Die umgehende Behandlung einer gesicherten Hypoglykämie ist die Gabe von Glukose. Patienten, die in der Lage sind, zu essen und zu trinken, sollten Säfte, Zuckerwasser oder eine Glukoselösung trinken oder Süßigkeiten, Glukosetabletten und andere Nahrungsmittel essen, sobald Symptome auftreten. Säuglingen und kleinen Kindern sollte eine 10%ige Dextroselösung in einer Dosis von 2 bis 5 ml/kg i.v. als Bolus verabreicht werden. Erwachsenen und älteren Kindern, die nicht essen und trinken können, können 0,5 (< 20 kg) oder 1 mg ( 20 kg) Glukagon subkutan oder i.m. oder 50% Dextrose in einer Dosis von 50–100 ml i.v. gegeben werden. Eine kontinuierliche Infusion von 5–10% Dextrose kann folgen. Die Effizienz der Glukagongabe hängt von der Größe der hepatischen Glykogenspeicher ab. Glukagon hat bei Patienten, die über einen längeren Zeitraum gefastet haben oder die bereits seit Längerem hypoglykämisch waren, nur einen geringen Effekt auf die Blutglukosewerte.

Einer Hypoglykämie zugrunde liegende Erkrankungen müssen ebenfalls behandelt werden. Inselzelltumoren und Nicht-Inselzelltumoren müssen als Erstes lokalisiert und dann durch eine Enukleation oder partielle Pankreatektomie entfernt werden. Innerhalb von 10 Jahren zeigen ungefähr 6% ein Rezidiv.
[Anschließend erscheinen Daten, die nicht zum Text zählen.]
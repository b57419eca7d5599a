-- ===== src/Start/Mapped.antt =====
-- map_file of a1b/map.c for the block size of a1fs.
use extent_based_fs.Base.{
  ℕ, ◌≢◌, ◌⊎◌, inl, inr, Bool-cases, ==→eq, ◌%◌, ◌≡◌, refl, true, false, List, Option, none, some,
  arith, ◌==◌,
}
use extent_based_fs.Base.Int.{ℤ, is_neg}
use extent_based_fs.Types.{a1fs_block_size}
use extent_based_fs.Start.{Host, Mapping, null, mapped, map_file, map_size}
use extent_based_fs.Start.Align.{is_aligned-pow}

-- mmap returns the address of a page, and a page is 4096 bytes long.
abbrev pub PagesAligned : Host → Type 0
PagesAligned host = (fd : ℤ) (size addr : ℕ) → host.mmap fd size ≡ some addr → addr % 4096 ≡ 0

-- What the calls of `host` on the image make of the mapping.
pub data Maps (host : Host) (path : List ℕ) : Mapping → Type 0 where
  unopened : is_neg (host.open_file path) ≡ true → Maps host path null
  unsized :
      is_neg (host.open_file path) ≡ false
      → host.fstat (host.open_file path) ≡ none
      → Maps host path null
  unfit :
      (size : ℕ)
      → is_neg (host.open_file path) ≡ false
      → host.fstat (host.open_file path) ≡ some size
      → (size ≡ 0) ⊎ (size % 4096 ≢ 0)
      → Maps host path null
  unmapped :
      (size : ℕ)
      → is_neg (host.open_file path) ≡ false
      → host.fstat (host.open_file path) ≡ some size
      → size ≢ 0
      → size % 4096 ≡ 0
      → host.mmap (host.open_file path) size ≡ none
      → Maps host path null
  maps :
      (size addr : ℕ)
      → is_neg (host.open_file path) ≡ false
      → host.fstat (host.open_file path) ≡ some size
      → size ≢ 0
      → size % 4096 ≡ 0
      → host.mmap (host.open_file path) size ≡ some addr
      → Maps host path (mapped addr size)

Option-cases : {A : Type 0} (o : Option A) → (o ≡ none) ⊎ ((a : A) × (o ≡ some a))
Option-cases none = inl refl
Option-cases (some a) = inr (a, refl)

module _ (host : Host) (path : List ℕ) (pages : PagesAligned host) where
  map_size-Maps :
      (size : ℕ)
      → is_neg (host.open_file path) ≡ false
      → host.fstat (host.open_file path) ≡ some size
      → size ≢ 0
      → size % 4096 ≡ 0
      → Maps host path (map_size host (host.open_file path) 4096 size)
  map_size-Maps size opens sized some_bytes whole =
      elim (Option-cases (host.mmap (host.open_file path) size)) [
        | inl e ↦ rw (map_size, e) (unmapped size opens sized some_bytes whole e)
        | inr (addr, e) ↦
            rw
              (
                map_size,
                e,
                is_aligned-pow addr 12 (omega arith),
                pages (host.open_file path) size addr e,
              )
              (maps size addr opens sized some_bytes whole e)
      ]

  -- Whatever the system calls answer, an image that opens, whose size is a nonzero multiple of 4096
  -- and which is mapped gives its address and size, any other gives NULL, and the assert on the
  -- address does not fail, provided that mmap returns addresses of pages.
  pub map_file-Maps : Maps host path (map_file host path a1fs_block_size)
  unfolding map_file
  map_file-Maps = elim (Bool-cases (is_neg (host.open_file path))) [
    | inl fails ↦ rw fails (unopened fails)
    | inr opens ↦ elim (Option-cases (host.fstat (host.open_file path))) [
      | inl e ↦ rw (opens, e) (unsized opens e)
      | inr (size, sized) ↦ elim (Bool-cases (size == 0)) [
        | inl e ↦ rw (opens, sized, e) (unfit size opens sized (inl (==→eq size 0 e)))
        | inr ne ↦ elim (Bool-cases (size % 4096 == 0)) [
          | inl whole ↦
              rw (opens, sized, ne, whole)
                (map_size-Maps size opens sized (ground (arith, ne)) (==→eq (size % 4096) 0 whole))
          | inr ragged ↦
              rw (opens, sized, ne, ragged) (unfit size opens sized (inr (ground (arith, ragged))))
        ]
      ]
    ]
  ]
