-- ===== src/Start/Mount.antt =====
-- The options of the mounting program (a1b/options.c) and its start (a1fs_init and main of
-- a1b/a1fs.c). The functions of libfuse are arguments.
use extent_based_fs.Base.{
  ℕ, Bool, true, false, not, ◌&&◌, List, [], ◌∷◌, ◌++◌, Option, none, some, if◌then◌else◌, ◌≡◌, ap,
  ◌∙◌,
}
use extent_based_fs.Base.Int.{ℤ, pos}
use extent_based_fs.Types.{FsCtx, Cmd, and_then, pure, stop, ◌>>=◌, a1fs_block_size}
use extent_based_fs.Mkfs.{fs_ctx_init}
use extent_based_fs.Start.{Host, Mapping, map_file, null, mapped, aborted}

pub record A1fsOpts : Type 0 where
  pub img_path : Option (List ℕ)
  pub help : Bool

-- What opt_proc makes of the options, and whether the argument is kept.
pub record Processed : Type 0 where
  pub opts : A1fsOpts
  pub result : ℤ

-- `nonopt` tells whether `key` is FUSE_OPT_KEY_NONOPT. The first argument that is no option is the
-- image, and is dropped.
unfoldable pub opt_proc : A1fsOpts → (arg : List ℕ) → (nonopt : Bool) → Processed
opt_proc opts arg nonopt = elim opts.img_path [
  | none ↦
      if nonopt
      then record { opts = record opts { img_path = some arg }; result = pos 0 }
      else record { opts = opts; result = pos 1 }
  | some path ↦ record { opts = opts; result = pos 1 }
]

-- The options and the arguments that are left, for fuse_main.
pub record Start : Type 0 where
  pub opts : A1fsOpts
  pub args : List (List ℕ)

-- fuse_opt_parse of libfuse, for a callback: `none` where it does not return 0.
abbrev pub FuseOptParse : Type 0
FuseOptParse =
    (A1fsOpts → List ℕ → Bool → Processed) → (args : List (List ℕ)) → A1fsOpts → Option Start

-- `-ho`, and `-s -o max_read=4096 -o max_write=4096`.
abbrev pub help_args : List (List ℕ)
help_args = (b'-' ∷ b'h' ∷ b'o' ∷ []) ∷ []

abbrev pub added_args : List (List ℕ)
added_args =
    (b'-' ∷ b's' ∷ [])
    ∷ (b'-' ∷ b'o' ∷ [])
    ∷ (b'm' ∷ b'a' ∷ b'x' ∷ b'_' ∷ b'r' ∷ b'e' ∷ b'a' ∷ b'd' ∷ b'=' ∷ b'4' ∷ b'0' ∷ b'9' ∷ b'6'
        ∷ [])
    ∷ (b'-' ∷ b'o' ∷ [])
    ∷ (b'm' ∷ b'a' ∷ b'x' ∷ b'_' ∷ b'w' ∷ b'r' ∷ b'i' ∷ b't' ∷ b'e' ∷ b'=' ∷ b'4' ∷ b'0' ∷ b'9'
        ∷ b'6' ∷ [])
    ∷ []

abbrev pub no_path : Option (List ℕ) → Bool
no_path none = true
no_path (some path) = false

-- a1fs_opt_parse once fuse_opt_parse has returned.
unfoldable pub opts_parsed : Option Start → Option Start
opts_parsed none = none
opts_parsed (some start) =
    let args = if start.opts.help then start.args ++ help_args else start.args in
    if not start.opts.help && no_path start.opts.img_path
    then none
    else some (record { opts = start.opts; args = args ++ added_args })

unfoldable pub a1fs_opt_parse : FuseOptParse → (args : List (List ℕ)) → A1fsOpts → Option Start
a1fs_opt_parse fuse_opt_parse args opts = opts_parsed (fuse_opt_parse opt_proc args opts)

-- The context is the image that is mapped; its size is the file's.
unfoldable pub mount_mapped : Mapping → Cmd Bool
mount_mapped null = pure false
mount_mapped (mapped addr size) = λ s. pure (fs_ctx_init s) s
mount_mapped aborted = stop

unfoldable pub a1fs_init : Host → A1fsOpts → Cmd Bool
a1fs_init host opts = if opts.help then pure true else elim opts.img_path [
  | none ↦ stop
  | some path ↦ mount_mapped (map_file host path a1fs_block_size)
]

abbrev pub no_opts : A1fsOpts
no_opts = record { img_path = none; help = false }

-- The main of a1fs once its options are parsed.
unfoldable pub a1fs_started : Host → (fuse_main : List (List ℕ) → Cmd ℤ) → Option Start → Cmd ℤ
a1fs_started host fuse_main none = pure (pos 1)
a1fs_started host fuse_main (some start) = do
  mounts ← a1fs_init host start.opts
  if mounts then fuse_main start.args else pure (pos 1)

-- The exit status of the mounting program; `fuse_main` answers callbacks until the unmount.
unfoldable pub a1fs_main :
    Host → FuseOptParse → (fuse_main : List (List ℕ) → Cmd ℤ) → (args : List (List ℕ)) → Cmd ℤ
a1fs_main host fuse_opt_parse fuse_main args =
    a1fs_started host fuse_main (a1fs_opt_parse fuse_opt_parse args no_opts)

-- With the image named and mounted, the program hands over to FUSE.
pub a1fs_main-fuse_main :
    (host : Host) (fuse_opt_parse : FuseOptParse) (fuse_main : List (List ℕ) → Cmd ℤ)
    (path : List ℕ) (args kept : List (List ℕ)) (addr size : ℕ) (s : FsCtx)
    → fuse_opt_parse opt_proc args no_opts
      ≡ some (record { opts = record { img_path = some path; help = false }; args = kept })
    → map_file host path a1fs_block_size ≡ mapped addr size
    → fs_ctx_init s ≡ true
    → a1fs_main host fuse_opt_parse fuse_main args s ≡ fuse_main (kept ++ added_args) s
unfolding a1fs_main a1fs_started a1fs_opt_parse opts_parsed a1fs_init mount_mapped
a1fs_main-fuse_main host fuse_opt_parse fuse_main path args kept addr size s parsed maps magic =
    ap (λ o. a1fs_started host fuse_main (opts_parsed o) s) parsed
    ∙ ap
        (λ m.
          and_then (mount_mapped m s)
            (λ b. if b then fuse_main (kept ++ added_args) else pure (pos 1)))
        maps
    ∙ ap (λ b. (if b then fuse_main (kept ++ added_args) else pure (pos 1)) s) magic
Diazoxid und Octreotid können zur Kontrolle der Symptome verwendet werden, während der Patient auf die Operation wartet, falls der Patient eine Operation ablehnt oder inoperabel ist.
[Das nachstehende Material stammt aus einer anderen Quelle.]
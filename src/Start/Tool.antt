-- ===== src/Start/Tool.antt =====
-- The command line of a1b/mkfs.c, and the whole tool on it, up to the mount by a1b/a1fs.c.
use mathlib.Core.Bool.{or-false, or-true}
use extent_based_fs.Base.{
  ℕ, ◌-◌, ◌≤◌, ◌≡◌, ◌≢◌, refl, ap, ◌∙◌, Bool, true, false, not, ◌&&◌, ◌||◌, List, [], ◌∷◌, ◌++◌,
  Option, some, none, arith, ne→==,
}
use extent_based_fs.Base.Int.{ℤ}
use extent_based_fs.Types.{FsCtx, Cmd, ok, a1fs_block_size}
use extent_based_fs.Mkfs.{MkfsOpts, memset_zero, a1fs_is_present}
use extent_based_fs.Mkfs.Format.{CanFormat, after_table}
use extent_based_fs.Tree.Shape.{IsTree}
use extent_based_fs.Tree.Formatted.{only_root, mkfs_main-IsTree}
use extent_based_fs.Start.Mount.{
  FuseOptParse, opt_proc, no_opts, added_args, a1fs_main, a1fs_main-fuse_main,
}
use extent_based_fs.Start.{
  Host, mapped, map_file, Getopt, opt_i, opt_h, opt_f, opt_v, opt_z, opt_unknown, MkfsArgs,
  accepted, parse_operands, parse_args, no_args, mkfs_parsed, mkfs_mapped, mkfs_tool,
}

-- Only `-i`, `-f` and `-z`.
abbrev pub Plain : List Getopt → Type 0
Plain [] = Unit
Plain (opt_i optarg ∷ options) = Plain options
Plain (opt_f ∷ options) = Plain options
Plain (opt_z ∷ options) = Plain options
Plain (opt_h ∷ options) = ⊥
Plain (opt_v ∷ options) = ⊥
Plain (opt_unknown ∷ options) = ⊥

abbrev pub is_f : Getopt → Bool
is_f opt_f = true
is_f _ = false

abbrev pub is_z : Getopt → Bool
is_z opt_z = true
is_z _ = false

abbrev pub given : (Getopt → Bool) → List Getopt → Bool
given p [] = false
given p (o ∷ options) = p o || given p options

-- The value of the last `-i`, or `n` without one.
abbrev pub inodes_asked : (strtoul : List ℕ → ℕ) → List Getopt → (n : ℕ) → ℕ
inodes_asked strtoul [] n = n
inodes_asked strtoul (opt_i optarg ∷ options) n = inodes_asked strtoul options (strtoul optarg)
inodes_asked strtoul (_ ∷ options) n = inodes_asked strtoul options n

abbrev pub args_of : (path : Option (List ℕ)) → (n : ℕ) → (force zero : Bool) → MkfsArgs
args_of path n force zero = record {
  img_path = path;
  help = false;
  opts = record { n_inodes = n; force = force; zero = zero };
}

parse_args-Plain :
    (strtoul : List ℕ → ℕ) (options : List Getopt) (operands : List (List ℕ)) (n : ℕ)
    (force zero : Bool)
    → Plain options
    → parse_args strtoul options operands (args_of none n force zero)
      ≡ parse_operands operands (
          args_of none
            (inodes_asked strtoul options n)
            (force || given is_f options)
            (zero || given is_z options))
unfolding parse_args
parse_args-Plain strtoul [] operands n force zero plain = rw (or-false force, or-false zero) refl
parse_args-Plain strtoul (opt_i optarg ∷ options) operands n force zero plain =
    parse_args-Plain strtoul options operands (strtoul optarg) force zero plain
parse_args-Plain strtoul (opt_f ∷ options) operands n force zero plain =
    rw (or-true force) (parse_args-Plain strtoul options operands n true zero plain)
parse_args-Plain strtoul (opt_z ∷ options) operands n force zero plain =
    rw (or-true zero) (parse_args-Plain strtoul options operands n force true plain)
parse_args-Plain strtoul (opt_h ∷ options) operands n force zero plain = absurd plain
parse_args-Plain strtoul (opt_v ∷ options) operands n force zero plain = absurd plain
parse_args-Plain strtoul (opt_unknown ∷ options) operands n force zero plain = absurd plain

-- Options that ask for `n` inodes and for the image to be zeroed.
pub record Asks (strtoul : List ℕ → ℕ) (options : List Getopt) (n : ℕ) : Type 0 where
  pub plain : Plain options
  pub zeroes : given is_z options ≡ true
  pub inodes : inodes_asked strtoul options 0 ≡ n

module _ {strtoul : List ℕ → ℕ} {options : List Getopt} {n : ℕ} (asks : Asks strtoul options n)
    (path : List ℕ) (operands : List (List ℕ)) where
  parse_args-accepts :
      n ≢ 0
      → parse_args strtoul options (path ∷ operands) no_args
        ≡ accepted (args_of (some path) n (given is_f options) true)
  unfolding parse_operands
  parse_args-accepts some_inode =
      rw
        (
          parse_args-Plain strtoul options (path ∷ operands) 0 false false asks.plain,
          asks.inodes,
          asks.zeroes,
          ne→== n 0 some_inode,
        )
        refl

  -- The tool run with options that are only `-i`, `-f` and `-z`, among them `-z` and with the last
  -- `-i` asking for `n` inodes, at most 16, and with the path of an image that is mapped, holds no
  -- a1fs or comes with `-f`, and has space left for data: the exit status is 0, and the image
  -- stands for the tree that is the root directory alone. The mounting program, where its options
  -- name that image, then hands over to FUSE, with the arguments that it adds.
  pub mkfs_tool-IsTree :
      (host : Host) (addr : ℕ) (s : FsCtx) (dbm : ℕ) (fuse_opt_parse : FuseOptParse)
      (fuse_main : List (List ℕ) → Cmd ℤ) (args kept : List (List ℕ))
      → map_file host path a1fs_block_size ≡ mapped addr s.size
      → CanFormat (memset_zero s) s.size n dbm
      → n ≤ 16
      → fuse_opt_parse opt_proc args no_opts
        ≡ some (record { opts = record { img_path = some path; help = false }; args = kept })
      → not (given is_f options) && a1fs_is_present s ≡ false
      → (t : FsCtx) × (mkfs_tool host strtoul options (path ∷ operands) s ≡ ok 0 t)
        × IsTree t n only_root (after_table s.size n - dbm)
        × (a1fs_main host fuse_opt_parse fuse_main args t ≡ fuse_main (kept ++ added_args) t)
  unfolding mkfs_tool mkfs_parsed mkfs_mapped
  mkfs_tool-IsTree host addr s dbm fuse_opt_parse fuse_main args kept maps h few parsed allowed =
      let r = mkfs_main-IsTree s h refl few opts refl refl allowed in
      (
        r.0,
        ap (λ parsed. mkfs_parsed host parsed s) (parse_args-accepts (omega (arith, h.some_inode)))
            ∙ ap (λ m. mkfs_mapped m opts s) maps
            ∙ r.1,
        r.2,
        a1fs_main-fuse_main host fuse_opt_parse fuse_main path args kept addr s.size r.0 parsed maps
            r.3,
      )
    where
      opts : MkfsOpts
      opts = (args_of (some path) n (given is_f options) true).opts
Inselzellhypertrophie ist meistens eine Ausschlussdiagnose, wenn sich der Verdacht auf einen Inselzelltumor nicht bestätigt hat.
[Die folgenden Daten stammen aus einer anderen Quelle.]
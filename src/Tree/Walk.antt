-- ===== src/Tree/Walk.antt =====
-- get_inode_num of a1b/a1fs_helper.c on a tree of directories.
use extent_based_fs.Base.{
  ℕ, ◌<◌, ◌≡◌, ◌≢◌, refl, sym, ap, ◌∙◌, inl, inr, true, List, none, arith, ltb, Bool-cases,
}
use extent_based_fs.Base.Int.{ℤ, pos}
use extent_based_fs.Types.{FsCtx, ok}
use extent_based_fs.Bitmap.{check_bit_usage}
use extent_based_fs.Dir.{inode_lookup, strtok, get_inode_num}
use extent_based_fs.Dir.Resolve.{Resolves, here, step, get_inode_num-Resolves}
use extent_based_fs.Ops.Changed.{Avoids}
use extent_based_fs.Catalog.{Names}
use extent_based_fs.Catalog.Reads.{to_ino}
use extent_based_fs.Catalog.Shows.{IsEntryName}
use extent_based_fs.Catalog.Steps.{Represents, inode_lookup-Represents}
use extent_based_fs.Tree.{Node, vacant, bare, folder, blank, stored, dropped, Nodes, Leads}
use extent_based_fs.Tree.Links.{child}
use extent_based_fs.Tree.Shape.{Stands, HasNodes}

pub Stands-used :
    (s : FsCtx) (es : List ℕ) (j : ℕ) (v : Node)
    → v ≢ vacant
    → Stands s es j v
    → check_bit_usage s.inode_bits j ≡ true
Stands-used s es j vacant ne h = absurd (ne refl)
Stands-used s es j bare ne h = h.0
Stands-used s es j (folder m room) ne h = h.0
Stands-used s es j blank ne h = h.0
Stands-used s es j (stored size content) ne h = h.0
Stands-used s es j dropped ne h = h.0

module _ {s : FsCtx} {total : ℕ} {T : Nodes} {spare : ℕ} (tree : HasNodes s total T spare) where
  pub used_below : (j : ℕ) → T j ≢ vacant → j < total
  used_below j ne = elim (Bool-cases (ltb j total)) [
    | inl e ↦ ground arith
    | inr e ↦ absurd (ne (tree.beyond j (ground arith)))
  ]

  pub node-Stands : (j : ℕ) {v : Node} → T j ≡ v → v ≢ vacant → Stands s (tree.places j) j v
  node-Stands j e ne = rw e at (tree.stands j (used_below j (λ q. ne (sym e ∙ q))))

  pub folder-Represents :
      (j : ℕ) {m : Names} {room : ℕ} → T j ≡ folder m room → Represents s j (tree.places j) m room
  folder-Represents j e = (node-Stands j e (λ q. cc)).1

  pub lookup-folder :
      (j : ℕ) {m : Names} {room : ℕ} (name : List ℕ)
      → T j ≡ folder m room
      → IsEntryName name
      → inode_lookup (pos j) name s ≡ ok (to_ino (m name)) s
  lookup-folder j name e is = inode_lookup-Represents (folder-Represents j e) name is

  -- What the names lead to is what the walk finds; it makes no lookup in a node without names.
  pub Leads-Resolves :
      {c c' : ℕ} {tokens : List (List ℕ)} (par : ℤ)
      → Leads T c tokens c'
      → (par' : ℤ) × (r : Resolves s par (pos c) tokens par' (pos c')) × ((ino : ℕ)
          → ((name : List ℕ) → child (T ino) name ≡ none)
          → Avoids ino r)
  Leads-Resolves par Leads.here = (par, here, λ ino empty. tt)
  Leads-Resolves {c} par (Leads.down {m} {token} e is led rest) =
      let (par', r, avoids) = Leads-Resolves (pos c) rest in
      (
        par',
        step (lookup-folder c token e is ∙ ap (λ i. ok (to_ino i) s) led) (λ q. cc) r,
        λ ino empty. (
          λ q.
              let same : c ≡ ino = cc in
              let gone = rw (← same, e) at (empty token) in unfold child in cc,
          avoids ino empty,
        ),
      )

  -- In a state that stands for a tree of directories, a path whose every component names an entry
  -- of the directory before it leads to the inode number that the tree gives it, and nothing is
  -- changed.
  pub get_inode_num-Leads :
      (path : List ℕ) {i : ℕ} → Leads T 0 (strtok path) i → get_inode_num path 0 s ≡ ok (pos i) s
  get_inode_num-Leads path l = (get_inode_num-Resolves s path (Leads-Resolves (pos 0) l).1).0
Medikamente, die eine Hypoglykämie verursachen können, einschließlich Alkohol, müssen vermieden werden.

Die Behandlung von erblichen und endokrinen Erkrankungen, Leberversagen, Nierenversagen, Herzversagen, Sepsis und Schock werden an anderer Stelle beschrieben.

Wichtige Punkte

  • Hypoglykämie ist ein niedriger Plasmaglukosespiegel (< 50 mg/dl [< 2,8 mmol/l]) zzgl. gleichzeitige hypoglykämische Symptome, die auf eine Dextrosegabe reagieren.

  • Meistens wird die Hypoglykämie durch Medikamente zur Behandlung von DM (einschließlich unerlaubter Nutzung) verursacht; Insulin sezernierende Tumoren sind seltene Ursachen.

  • Wenn die Ätiologie unklar ist, kann ein Fastentest über 48 h oder 72 h mit einer Messung der Plasma-Glukose in regelmäßigen Abständen erfolgen und immer dann, wenn Symptome auftreten.

  • Serum insulin, C-Peptid und Proinsulin sollten beim Auftreten einer Hypoglykämie bestimmt werden, um eine endogene von einer exogenen (unechten) Hypoglykämie zu unterscheiden.